## [Exercise instructions]
Using the listing below, copy exactly the lines from the one containing "(err e, w₂)" to the one containing "round_skips v (label_unreadable", both lines included, and no others.

-=-=-=-=-

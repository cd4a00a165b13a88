-- ===== src/Breaker/RoundLaws.antt =====
-- What one round of a breaker does, on every branch.
use Prim.Native.Nat.{min}
use kubervisor.Prelude.{
  ℕ, suc, ◌==◌, ◌-◌, ◌^◌, ◌<◌, ◌≡◌, refl, ◌∙◌, arith, Bool, false, ◌&&◌, none, some, List, [], ◌∷◌,
  ok, err, length, take, count, select, Error,
}
use kubervisor.Prelude.Int.{ℤ}
use kubervisor.Kube.{Pod, KubeClient, TimeText}
use kubervisor.Kube.Exec.{Exec}
use kubervisor.Pod.Tools.{is_ready, keep_with_traffic_yes_pods}
use kubervisor.Pod.FilterLaws.{
  is_running, has_traffic, first_error, status_filters, keep_with_traffic_yes_pods_lem,
  readable_all,
}
use kubervisor.Pod.Control.{World}
use kubervisor.Api.{BreakerStrategy}
use kubervisor.Breaker.Count.{remove_count-min, FitsInt, floor}
use kubervisor.Breaker.Round.{BreakerImpl, with_traffic, cut_all, cut_round, round}

-- A pod that counts for the minimum: running, ready and marked for traffic.
abbrev pub in_traffic : Pod → Bool
in_traffic p = is_running p && (is_ready p && has_traffic p)

select-select :
    (f g h : Pod → Bool) (pods : List Pod)
    → length (select h (select g (select f pods))) ≡ count (λ p. f p && (g p && h p)) pods
select-select f g h [] = refl
select-select f g h (p ∷ pods) = ground (arith, select-select f g h pods)

abbrev pub serving : List Pod → List Pod
serving pods = select is_ready (select is_running pods)

with_traffic-serving :
    (pods : List Pod) → with_traffic pods ≡ keep_with_traffic_yes_pods (serving pods)
unfolding with_traffic
with_traffic-serving pods =
    rw ((status_filters pods).1, (status_filters (select is_running pods)).0)

with_traffic_error : (pods : List Pod) → (with_traffic pods).1 ≡ first_error (serving pods)
with_traffic_error pods =
    rw (with_traffic-serving pods, keep_with_traffic_yes_pods_lem (serving pods))

length-with_traffic :
    (pods : List Pod)
    → first_error (serving pods) ≡ none
    → length (with_traffic pods).0 ≡ count in_traffic pods
length-with_traffic pods h =
    rw
      (
        with_traffic-serving pods,
        keep_with_traffic_yes_pods_lem (serving pods),
        readable_all (serving pods) h,
      )
      (select-select is_running is_ready has_traffic pods)

-- As many pods as the minimum in traffic allows, from the front of the reported ones.
abbrev pub allowed : {F : Type 0} → BreakerStrategy F → List Pod → List Pod → List Pod
allowed config cut all =
    let n = count in_traffic all in take (min (length cut) (n - floor config n (length cut))) cut

module _ {F L S : Type 0} (client : KubeClient S) (clock : S → ℤ) (time : TimeText)
    (b : BreakerImpl F L) where
  pub cut_round-allowed :
      (cut all : List Pod) (w : World S)
      → first_error (serving all) ≡ none
      → FitsInt b.breaker_strategy_config (count in_traffic all) (length cut)
      → length cut < 2 ^ 62
      → cut_round client clock time b cut all w
        ≡ cut_all client clock time b (allowed b.breaker_strategy_config cut all) w
  unfolding cut_round
  cut_round-allowed cut all w readable fits small = rw (
    with_traffic_error all ∙ readable,
    length-with_traffic all readable,
    remove_count-min b.breaker_strategy_config (count in_traffic all) (length cut) fits small,
    cut_round,
  )

  pub cut_round-error :
      (cut all : List Pod) (w : World S) (e : Error)
      → first_error (serving all) ≡ some e
      → cut_round client clock time b cut all w ≡ (ok tt, w)
  unfolding cut_round
  cut_round-error cut all w e bad = rw (with_traffic_error all ∙ bad, cut_round)

suc-ne-zero : (n : ℕ) → (suc n == 0) ≡ false
suc-ne-zero n = ground arith

module _ {F L S : Type 0} (client : KubeClient S) (clock : S → ℤ) (time : TimeText)
    (detector : Exec (World S) (List Pod)) (lister : L → Exec (World S) (List Pod))
    (b : BreakerImpl F L) (w w₁ w₂ : World S) where
  -- A round whose analysis reports pods, and whose lister answers with pods that all have readable
  -- labels, cuts the reported pods from the front, as many as the minimum in traffic allows.
  pub round_cuts :
      (p : Pod) (cut all : List Pod)
      → detector w ≡ (ok (p ∷ cut), w₁)
      → lister b.selector w₁ ≡ (ok all, w₂)
      → first_error (serving all) ≡ none
      → FitsInt b.breaker_strategy_config (count in_traffic all) (length (p ∷ cut))
      → length (p ∷ cut) < 2 ^ 62
      → round client clock time detector lister b w
        ≡ cut_all client clock time b (allowed b.breaker_strategy_config (p ∷ cut) all) w₂
  unfolding round
  round_cuts p cut all found listed readable fits small =
      rw (found, listed, suc-ne-zero (length cut), round)
        (cut_round-allowed client clock time b (p ∷ cut) all w₂ readable fits small)

  -- Why a round may end early, with the world that it leaves.
  pub data Skip : World S → Type 0 where
    detection_failed : (e : Error) → detector w ≡ (err e, w₁) → Skip w₁
    nothing_detected : detector w ≡ (ok [], w₁) → Skip w₁
    listing_failed :
        (p : Pod) (cut : List Pod) (e : Error)
        → detector w ≡ (ok (p ∷ cut), w₁)
        → lister b.selector w₁ ≡ (err e, w₂)
        → Skip w₂
    label_unreadable :
        (p : Pod) (cut all : List Pod) (e : Error)
        → detector w ≡ (ok (p ∷ cut), w₁)
        → lister b.selector w₁ ≡ (ok all, w₂)
        → first_error (serving all) ≡ some e
        → Skip w₂

  -- A round writes to no pod if the analysis fails, or reports none, or if the lister fails, or if a
  -- ready pod has no readable traffic label: it leaves what the analysis and the lister left.
  pub round_skips :
      (v : World S) → Skip v → round client clock time detector lister b w ≡ (ok tt, v)
  unfolding round
  round_skips v (detection_failed e found) = rw (found, round)
  round_skips v (nothing_detected found) = rw (found, round)
  round_skips v (listing_failed p cut e found listed) =
      rw (found, listed, suc-ne-zero (length cut), round)
  round_skips v (label_unreadable p cut all e found listed bad) =
      rw (found, listed, suc-ne-zero (length cut), round)
        (cut_round-error client clock time b (p ∷ cut) all w₂ e bad)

-=-=-=-=-

## [Task answer]
        → lister b.selector w₁ ≡ (err e, w₂)
        → Skip w₂
    label_unreadable :
        (p : Pod) (cut all : List Pod) (e : Error)
        → detector w ≡ (ok (p ∷ cut), w₁)
        → lister b.selector w₁ ≡ (ok all, w₂)
        → first_error (serving all) ≡ some e
        → Skip w₂

  -- A round writes to no pod if the analysis fails, or reports none, or if the lister fails, or if a
  -- ready pod has no readable traffic label: it leaves what the analysis and the lister left.
  pub round_skips :
      (v : World S) → Skip v → round client clock time detector lister b w ≡ (ok tt, v)
  unfolding round
  round_skips v (detection_failed e found) = rw (found, round)
  round_skips v (nothing_detected found) = rw (found, round)
  round_skips v (listing_failed p cut e found listed) =
      rw (found, listed, suc-ne-zero (length cut), round)
  round_skips v (label_unreadable p cut all e found listed bad) =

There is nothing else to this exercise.